Collected data:

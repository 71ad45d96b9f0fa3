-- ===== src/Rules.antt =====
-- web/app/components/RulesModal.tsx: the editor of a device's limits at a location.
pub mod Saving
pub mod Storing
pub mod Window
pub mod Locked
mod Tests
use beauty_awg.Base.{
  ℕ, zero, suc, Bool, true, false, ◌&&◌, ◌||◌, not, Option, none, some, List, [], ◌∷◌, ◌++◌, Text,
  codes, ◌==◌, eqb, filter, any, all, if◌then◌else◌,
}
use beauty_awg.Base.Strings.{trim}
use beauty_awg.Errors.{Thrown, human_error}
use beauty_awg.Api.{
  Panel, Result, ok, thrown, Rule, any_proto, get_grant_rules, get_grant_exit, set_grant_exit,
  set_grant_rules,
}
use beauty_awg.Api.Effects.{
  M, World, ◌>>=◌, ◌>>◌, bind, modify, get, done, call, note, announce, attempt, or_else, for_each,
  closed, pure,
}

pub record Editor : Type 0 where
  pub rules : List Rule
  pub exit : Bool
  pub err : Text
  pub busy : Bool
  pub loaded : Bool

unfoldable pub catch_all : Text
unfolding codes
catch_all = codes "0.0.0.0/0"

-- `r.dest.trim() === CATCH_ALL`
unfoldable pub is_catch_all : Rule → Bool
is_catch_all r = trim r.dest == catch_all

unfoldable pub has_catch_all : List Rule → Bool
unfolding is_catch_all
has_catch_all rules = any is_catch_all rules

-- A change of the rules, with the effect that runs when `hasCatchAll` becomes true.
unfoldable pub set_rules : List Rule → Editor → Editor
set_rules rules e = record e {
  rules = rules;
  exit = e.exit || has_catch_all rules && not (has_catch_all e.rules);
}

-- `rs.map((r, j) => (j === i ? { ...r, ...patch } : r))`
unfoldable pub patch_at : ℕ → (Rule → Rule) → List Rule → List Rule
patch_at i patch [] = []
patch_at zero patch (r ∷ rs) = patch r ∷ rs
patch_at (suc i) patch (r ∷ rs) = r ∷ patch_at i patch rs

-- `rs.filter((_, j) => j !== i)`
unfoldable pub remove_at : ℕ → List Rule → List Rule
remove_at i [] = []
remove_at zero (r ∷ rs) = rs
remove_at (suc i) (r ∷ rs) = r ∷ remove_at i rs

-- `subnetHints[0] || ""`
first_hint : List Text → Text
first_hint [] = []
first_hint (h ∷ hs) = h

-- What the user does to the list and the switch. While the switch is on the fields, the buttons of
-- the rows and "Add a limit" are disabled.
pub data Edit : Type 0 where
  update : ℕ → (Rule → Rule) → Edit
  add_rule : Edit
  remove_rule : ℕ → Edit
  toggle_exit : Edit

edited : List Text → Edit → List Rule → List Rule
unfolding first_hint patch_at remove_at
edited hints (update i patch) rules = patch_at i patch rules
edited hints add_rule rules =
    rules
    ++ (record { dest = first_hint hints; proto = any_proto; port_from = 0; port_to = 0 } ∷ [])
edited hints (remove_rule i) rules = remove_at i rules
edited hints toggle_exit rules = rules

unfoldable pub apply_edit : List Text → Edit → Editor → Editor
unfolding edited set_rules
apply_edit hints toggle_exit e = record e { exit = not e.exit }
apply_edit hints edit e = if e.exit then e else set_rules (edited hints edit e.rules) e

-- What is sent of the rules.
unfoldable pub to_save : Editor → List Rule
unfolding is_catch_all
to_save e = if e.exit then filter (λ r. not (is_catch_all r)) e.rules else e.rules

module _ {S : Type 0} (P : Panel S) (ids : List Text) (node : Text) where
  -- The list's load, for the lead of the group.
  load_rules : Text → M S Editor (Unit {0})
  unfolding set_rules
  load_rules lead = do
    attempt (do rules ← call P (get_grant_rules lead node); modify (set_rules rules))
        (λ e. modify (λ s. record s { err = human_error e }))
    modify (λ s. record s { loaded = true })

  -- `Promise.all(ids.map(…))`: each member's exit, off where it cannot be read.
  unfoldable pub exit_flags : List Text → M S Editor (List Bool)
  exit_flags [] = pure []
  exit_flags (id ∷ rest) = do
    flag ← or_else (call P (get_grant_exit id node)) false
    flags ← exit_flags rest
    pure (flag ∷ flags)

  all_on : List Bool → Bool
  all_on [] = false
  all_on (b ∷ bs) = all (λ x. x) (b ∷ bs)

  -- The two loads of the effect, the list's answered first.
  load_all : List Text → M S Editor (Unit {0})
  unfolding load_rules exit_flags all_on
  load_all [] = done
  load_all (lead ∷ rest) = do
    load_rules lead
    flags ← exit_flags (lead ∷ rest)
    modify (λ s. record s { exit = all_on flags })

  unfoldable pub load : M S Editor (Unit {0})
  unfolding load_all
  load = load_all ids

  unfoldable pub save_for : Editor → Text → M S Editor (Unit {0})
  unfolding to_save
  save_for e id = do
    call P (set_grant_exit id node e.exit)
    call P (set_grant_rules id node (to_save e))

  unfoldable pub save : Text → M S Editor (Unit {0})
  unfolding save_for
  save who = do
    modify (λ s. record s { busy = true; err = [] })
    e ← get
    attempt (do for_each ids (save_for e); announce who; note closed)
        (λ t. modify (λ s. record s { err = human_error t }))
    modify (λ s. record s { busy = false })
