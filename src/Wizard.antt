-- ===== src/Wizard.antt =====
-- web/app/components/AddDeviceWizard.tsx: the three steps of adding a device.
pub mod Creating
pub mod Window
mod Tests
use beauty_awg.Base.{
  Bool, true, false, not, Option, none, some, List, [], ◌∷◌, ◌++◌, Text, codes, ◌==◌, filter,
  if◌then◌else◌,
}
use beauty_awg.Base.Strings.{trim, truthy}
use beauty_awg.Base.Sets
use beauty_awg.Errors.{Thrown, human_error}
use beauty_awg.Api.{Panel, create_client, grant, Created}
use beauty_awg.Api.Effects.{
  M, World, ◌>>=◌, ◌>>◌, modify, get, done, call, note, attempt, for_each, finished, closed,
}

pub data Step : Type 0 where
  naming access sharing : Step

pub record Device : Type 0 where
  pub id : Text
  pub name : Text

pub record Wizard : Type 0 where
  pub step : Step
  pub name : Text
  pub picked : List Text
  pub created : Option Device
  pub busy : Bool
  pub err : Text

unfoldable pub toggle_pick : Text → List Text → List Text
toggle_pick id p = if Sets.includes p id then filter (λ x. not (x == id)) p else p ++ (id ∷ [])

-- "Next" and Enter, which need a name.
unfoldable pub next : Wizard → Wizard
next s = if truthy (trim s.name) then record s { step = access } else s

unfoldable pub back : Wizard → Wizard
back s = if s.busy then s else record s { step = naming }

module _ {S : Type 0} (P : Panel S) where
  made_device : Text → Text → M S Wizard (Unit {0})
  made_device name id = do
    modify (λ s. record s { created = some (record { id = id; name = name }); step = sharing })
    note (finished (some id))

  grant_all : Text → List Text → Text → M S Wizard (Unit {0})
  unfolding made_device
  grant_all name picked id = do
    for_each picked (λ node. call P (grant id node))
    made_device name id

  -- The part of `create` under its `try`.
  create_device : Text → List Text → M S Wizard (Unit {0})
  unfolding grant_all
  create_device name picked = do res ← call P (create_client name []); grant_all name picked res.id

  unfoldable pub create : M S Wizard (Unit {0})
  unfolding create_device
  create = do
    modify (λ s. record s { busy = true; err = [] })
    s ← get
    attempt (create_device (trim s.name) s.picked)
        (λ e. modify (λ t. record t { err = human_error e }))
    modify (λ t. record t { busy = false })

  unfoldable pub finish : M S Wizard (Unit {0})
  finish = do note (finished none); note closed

Task item – Give the number of lines in the data that include the string "antt", please, and nothing else.

Solved exercise – 3